== Segment start ==

-- ===== src/RouteTable/Registry/Fresh.antt =====
-- The published snapshot: through every interleaving its matcher is built from its routes, which
-- are consistent.
use pingora_reverse_proxy.Prelude.{
  ◌≡◌, inl, inr, refl, Bool, [], Option, none, some, ok, err, Bool-cases,
}
use pingora_reverse_proxy.Map.{Map}
use pingora_reverse_proxy.Map.Laws.{IsSorted}
use pingora_reverse_proxy.Map.Order.{text_ord}
use pingora_reverse_proxy.Route.{RouteKey, RouteData}
use pingora_reverse_proxy.Store.{Outcome, done, panicked, Store}
use pingora_reverse_proxy.Store.Contract.{is_indeterminate}
use pingora_reverse_proxy.RouteTable.Ordered
use pingora_reverse_proxy.RouteTable.Ordered.{
  OrderedRoutes, Change, touch, apply_change, from_sorted,
}
use pingora_reverse_proxy.RouteTable.Ordered.Consistent.{
  IsConsistent, apply_change-IsConsistent, update_activity-IsConsistent, from_sorted-IsConsistent,
}
use pingora_reverse_proxy.RouteTable.Snapshot.{RouteSnapshot, from_ordered_routes, from_routes}
use pingora_reverse_proxy.RouteTable.Registry.{RouteRegistry, Committed, merge_and_publish}
use pingora_reverse_proxy.RouteTable.Registry.Run.{settle, complete}
use pingora_reverse_proxy.RouteTable.Registry.Served.{
  observe_activity-cases, execute_snapshot, admit_snapshot,
}
use pingora_reverse_proxy.RouteTable.Tracker.{MutationOperation}
use pingora_reverse_proxy.RouteTable.Registry.Steps.{
  System, Step, admits, executes, settles, completes, observes, seals, reports,
}

module _ {X : Type 0} where
  pub record IsFresh (s : RouteSnapshot X) : Type 0 where
    pub built : s ≡ from_ordered_routes s.routes
    pub consistent : IsConsistent s.routes

  from_ordered_routes-IsFresh :
      (routes : OrderedRoutes X) → IsConsistent routes → IsFresh (from_ordered_routes routes)
  unfolding from_ordered_routes
  from_ordered_routes-IsFresh routes h = record { built = refl; consistent = h }

  pub from_routes-IsFresh : (m : Map RouteKey (RouteData X)) → IsSorted m → IsFresh (from_routes m)
  unfolding from_routes
  from_routes-IsFresh m h =
      from_ordered_routes-IsFresh (from_sorted m) (from_sorted-IsConsistent m h)

  publish-IsFresh :
      (change : Change X) (s : RouteSnapshot X)
      → IsFresh s
      → IsFresh (merge_and_publish (apply_change change) [] s)
  unfolding merge_and_publish
  publish-IsFresh change s h =
      from_ordered_routes-IsFresh (apply_change change s.routes)
        (apply_change-IsConsistent change s.routes h.consistent)

module _ {S X : Type 0} where
  settle_ok-IsFresh :
      (change : Option (Change X)) (deleted : Option (RouteData X)) (r : RouteRegistry S X)
      → IsFresh r.snapshot
      → IsFresh (settle (done (ok (record { change = change; deleted = deleted }))) r).snapshot
  unfolding settle
  settle_ok-IsFresh none deleted r h = h
  settle_ok-IsFresh (some change) deleted r h = publish-IsFresh change r.snapshot h

  settle-IsFresh :
      (o : Outcome (Committed X)) (r : RouteRegistry S X)
      → IsFresh r.snapshot
      → IsFresh (settle o r).snapshot
  unfolding settle
  settle-IsFresh (done (ok c)) r h = settle_ok-IsFresh c.change c.deleted r h
  settle-IsFresh (done (err e)) r h = elim (Bool-cases (is_indeterminate e)) [
    | inl lost ↦ rw (lost, settle) h
    | inr known ↦ rw (known, settle) h
  ]
  settle-IsFresh panicked r h = h

  complete_snapshot :
      (op : MutationOperation) (detached : Bool) (o : Outcome (Committed X)) (r : RouteRegistry S X)
      → (complete op detached o r).snapshot ≡ r.snapshot
  unfolding complete
  complete_snapshot op detached o r = refl

  module _ (backend : Store S X) where
    -- Each step of any task leaves a fresh snapshot published.
    pub Step-IsFresh :
        {s t : System S X}
        → Step backend s t
        → IsFresh s.registry.snapshot
        → IsFresh t.registry.snapshot
    Step-IsFresh {s} (admits {r} m e) h = rw (admit_snapshot s.registry r e) h
    Step-IsFresh {s} (executes now m before after idle e) h =
        rw (execute_snapshot backend now m s.registry) h
    Step-IsFresh {s} (settles m o e) h = settle-IsFresh o s.registry h
    Step-IsFresh {s} (completes m o detached e) h = rw (complete_snapshot _ detached o s.registry) h
    Step-IsFresh {s} (observes key at) h = elim (observe_activity-cases key at s.registry) [
      | inl same ↦ rw same h
      | inr new ↦ rw new (
          from_ordered_routes-IsFresh (Ordered.update_activity key at s.registry.snapshot.routes)
            (update_activity-IsConsistent key at s.registry.snapshot.routes h.consistent))
    ]
    Step-IsFresh {s} seals h = h
    Step-IsFresh {s} (reports timed_out) h = h
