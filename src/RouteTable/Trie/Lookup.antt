-- ===== src/RouteTable/Trie/Lookup.antt =====
-- The trie as a finite map from paths: what is found at a path after a value was stored.
use pingora_reverse_proxy.Prelude.{
  ◌≡◌, refl, Bool, true, false, ◌&&◌, if◌then◌else◌, Option, none, some, List, [], ◌∷◌, Text,
  text_eq, text_eq_iff, text_eq_refl, eq_of_text_eq, arith, Bool-cases, inl, inr, ◌∙◌,
}
use pingora_reverse_proxy.RouteTable.Trie.{
  Node, node, Children, nil, child, empty, route, children, get_child, update_child, store,
}

abbrev pub path_eq : List Text → List Text → Bool
path_eq [] [] = true
path_eq [] (t ∷ q) = false
path_eq (s ∷ p) [] = false
path_eq (s ∷ p) (t ∷ q) = text_eq s t && path_eq p q

pub eq_of_path_eq : (p q : List Text) → path_eq p q ≡ true → p ≡ q
eq_of_path_eq [] [] h = refl
eq_of_path_eq [] (t ∷ q) h = cc
eq_of_path_eq (s ∷ p) [] h = cc
eq_of_path_eq (s ∷ p) (t ∷ q) h = ground (arith, text_eq_iff s t, eq_of_path_eq p q)

pub path_eq_refl : (p : List Text) → path_eq p p ≡ true
path_eq_refl [] = refl
path_eq_refl (s ∷ p) = ground (arith, text_eq_refl s, path_eq_refl p)

module _ {V : Type 0} where
  abbrev and_then : Option (Node V) → (Node V → Option V) → Option V
  and_then none f = none
  and_then (some n) f = f n

  -- The value at a path, no shorter path tried.
  unfoldable pub find : Node V → List Text → Option V
  find n [] = route n
  find n (s ∷ path) = and_then (get_child s (children n)) (λ c. find c path)

  pub find-empty : (q : List Text) → find empty q ≡ none
  unfolding find get_child
  find-empty [] = refl
  find-empty (s ∷ q) = refl

  abbrev child_or_empty : Text → Children V → Node V
  child_or_empty s cs = elim (get_child s cs) [ none ↦ empty | some n ↦ n ]

  pub get_child-update_child :
      (t s : Text) (f : Node V → Node V) (cs : Children V)
      → get_child t (update_child s f cs)
        ≡ (if text_eq s t then some (f (child_or_empty s cs)) else get_child t cs)
  unfolding get_child update_child
  get_child-update_child t s f nil = ground (arith, text_eq_iff s t, text_eq_iff t s)
  get_child-update_child t s f (child i n cs) = ground (
    arith,
    get_child-update_child t s f cs,
    text_eq_iff s t,
    text_eq_iff t s,
    text_eq_iff s i,
    text_eq_iff t i,
  )

  find-child_or_empty :
      (s : Text) (cs : Children V) (q : List Text)
      → find (child_or_empty s cs) q ≡ and_then (get_child s cs) (λ c. find c q)
  find-child_or_empty s cs q =
      elim (get_child s cs)
        as (λ o. find (elim o [ none ↦ empty | some n ↦ n ]) q ≡ and_then o (λ c. find c q)) [
          | none ↦ find-empty q
          | some n ↦ refl
        ]

  -- Storing a value changes what is found at its own path, and nothing else.
  pub find-store :
      (p : List Text) (v : V) (n : Node V) (q : List Text)
      → find (store p v n) q ≡ (if path_eq p q then some v else find n q)
  unfolding find store
  find-store [] v (node r cs) [] = refl
  find-store [] v (node r cs) (t ∷ q) = refl
  find-store (s ∷ p) v (node r cs) [] = refl
  find-store (s ∷ p) v (node r cs) (t ∷ q) = elim (Bool-cases (text_eq s t)) [
    | inl e ↦
        rw (get_child-update_child t s (store p v) cs, e)
          (find-store p v (child_or_empty s cs) q
            ∙ (rw (find-child_or_empty s cs q, eq_of_text_eq s t e)))
    | inr e ↦ rw (get_child-update_child t s (store p v) cs, e)
  ]
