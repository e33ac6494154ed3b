-- ===== src/RouteTable/Snapshot/Latest.antt =====
-- What stands at a path of the matcher: the last listed route whose key has those segments.
use pingora_reverse_proxy.Prelude.{
  ◌≡◌, refl, ap, ◌∙◌, true, false, if◌then◌else◌, Option, none, some, List, [], ◌∷◌, ◌++◌, Text,
  or_else, All, arith, Option-cases, inl, inr,
}
use pingora_reverse_proxy.Map.{Map, get}
use pingora_reverse_proxy.Map.Order.{text_ord}
use pingora_reverse_proxy.Route.{RouteKey, RouteData, segments}
use pingora_reverse_proxy.RouteTable.Ordered.Consistent.{is_some}
use pingora_reverse_proxy.RouteTable.Snapshot.{RouteMatch, build}
use pingora_reverse_proxy.RouteTable.Trie
use pingora_reverse_proxy.RouteTable.Trie.{Node}
use pingora_reverse_proxy.RouteTable.Trie.Lookup.{
  find, find-store, find-empty, path_eq, eq_of_path_eq,
}

module _ {X : Type 0} (by_key : Map RouteKey (RouteData X)) where
  -- The match that a key stands for, if its segments are the path.
  abbrev pub match_at : RouteKey → List Text → Option (RouteMatch X)
  match_at key q = elim (get key by_key) [
    | none ↦ none
    | some route ↦
        if path_eq (segments key) q then some (record { key = key; route = route }) else none
  ]

  unfoldable pub latest : List RouteKey → List Text → Option (RouteMatch X)
  latest [] q = none
  latest (key ∷ order) q = or_else (latest order q) (match_at key q)

  find-build :
      (order : List RouteKey) (root : Node (RouteMatch X)) (q : List Text)
      → find (build by_key order root) q ≡ or_else (latest order q) (find root q)
  unfolding build latest
  find-build [] root q = refl
  find-build (key ∷ order) root q = elim (Option-cases (get key by_key)) [
    | inl miss ↦ rw (miss, build) (find-build order root q ∙ ground arith)
    | inr (route, hit) ↦
        let m : RouteMatch X = record { key = key; route = route } in
        rw (hit, build)
          (find-build order (Trie.store (segments key) m root) q
            ∙ ground (arith, find-store (segments key) m root q))
  ]

  -- What the finished trie holds at each path.
  pub find-build-empty :
      (order : List RouteKey) (q : List Text)
      → find (build by_key order Trie.empty) q ≡ latest order q
  find-build-empty order q =
      find-build order Trie.empty q ∙ ground (arith, find-empty {V = RouteMatch X} q)

  -- The last of the listed keys with the segments `q` is `m.key`, and `m.route` is its data.
  pub record IsLatest (order : List RouteKey) (q : List Text) (m : RouteMatch X) : Type 0 where
    pub stored : get m.key by_key ≡ some m.route
    pub placed : segments m.key ≡ q
    pub earlier : List RouteKey
    pub later : List RouteKey
    pub split : order ≡ earlier ++ m.key ∷ later
    pub overridden : All (λ k. path_eq (segments k) q ≡ false) later

  latest-none-All :
      (order : List RouteKey) (q : List Text)
      → All (λ k. is_some (get k by_key) ≡ true) order
      → latest order q ≡ none
      → All (λ k. path_eq (segments k) q ≡ false) order
  unfolding latest
  latest-none-All [] q h e = tt
  latest-none-All (k ∷ order) q (here, h) e = ground (arith, latest-none-All order q h)

  pub latest-IsLatest :
      (order : List RouteKey) (q : List Text) (m : RouteMatch X)
      → All (λ k. is_some (get k by_key) ≡ true) order
      → latest order q ≡ some m
      → IsLatest order q m
  unfolding latest
  latest-IsLatest [] q m h e = cc
  latest-IsLatest (k ∷ order) q m (here, h) e = elim (Option-cases (latest order q)) [
    | inr (m', rest) ↦
        let i = latest-IsLatest order q m h (ground arith) in
        record {
          stored = i.stored;
          placed = i.placed;
          earlier = k ∷ i.earlier;
          later = i.later;
          split = ap (◌∷◌ k) i.split;
          overridden = i.overridden;
        }
    | inl rest ↦ record {
      stored = ground arith;
      placed = ground (arith, eq_of_path_eq (segments k) q);
      earlier = [];
      later = order;
      split = ground arith;
      overridden = latest-none-All order q h rest;
    }
  ]
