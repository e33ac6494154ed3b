-- ===== src/RouteTable/Trie/Deepest.antt =====
-- The walk of the trie against its specification: the value at the longest prefix that has one.
use pingora_reverse_proxy.Prelude.{
  ◌≡◌, refl, sym, ap, ◌∙◌, Option, none, some, List, [], ◌∷◌, Text, or_else, Option-cases, inl, inr,
}
use pingora_reverse_proxy.RouteTable.Trie.{Node, route, children, get_child, walk, resolve}
use pingora_reverse_proxy.RouteTable.Trie.Lookup.{find}

module _ {V : Type 0} where
  -- The value that `at` has for the longest prefix of the path for which it has one.
  unfoldable pub deepest : (List Text → Option V) → List Text → Option V
  deepest at [] = at []
  deepest at (s ∷ path) = or_else (deepest (λ q. at (s ∷ q)) path) (at [])

  deepest-none : (path : List Text) → deepest (λ q. none) path ≡ none
  unfolding deepest
  deepest-none [] = refl
  deepest-none (s ∷ path) = rw (deepest-none path)

  or_else-or_else : (a b c : Option V) → or_else a (or_else b c) ≡ or_else (or_else a b) c
  or_else-or_else none b c = refl
  or_else-or_else (some a) b c = refl

  walk-deepest :
      (n : Node V) (m : Option V) (path : List Text)
      → walk n (or_else (route n) m) path ≡ or_else (deepest (find n) path) m
  unfolding walk deepest find
  walk-deepest n m [] = refl
  walk-deepest n m (s ∷ path) = elim (Option-cases (get_child s (children n))) [
    | inl miss ↦ rw (miss, walk, find, deepest-none path)
    | inr (c, hit) ↦
        rw (hit, walk, find)
          (walk-deepest c (or_else (route n) m) path
            ∙ or_else-or_else (deepest (find c) path) (route n) m)
  ]

  or_else-none : (a : Option V) → or_else a none ≡ a
  or_else-none none = refl
  or_else-none (some a) = refl

  -- The loop of `resolve` finds the deepest value on the path.
  pub resolve-deepest : (n : Node V) (path : List Text) → resolve n path ≡ deepest (find n) path
  unfolding resolve
  resolve-deepest n path =
      ap (λ r. walk n r path) (sym (or_else-none (route n)))
      ∙ walk-deepest n none path
      ∙ or_else-none _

== Segment end ==

REQUIRED WORK
Here the output must be the lines above from the line with "(change : Change" to the line with "from_ordered_routes-IsFresh (apply_change change", both included, duplicated word for word and nothing else.

REPLY TO THE TASK
      (change : Change X) (s : RouteSnapshot X)
      → IsFresh s
      → IsFresh (merge_and_publish (apply_change change) [] s)
  unfolding merge_and_publish
  publish-IsFresh change s h =
      from_ordered_routes-IsFresh (apply_change change s.routes)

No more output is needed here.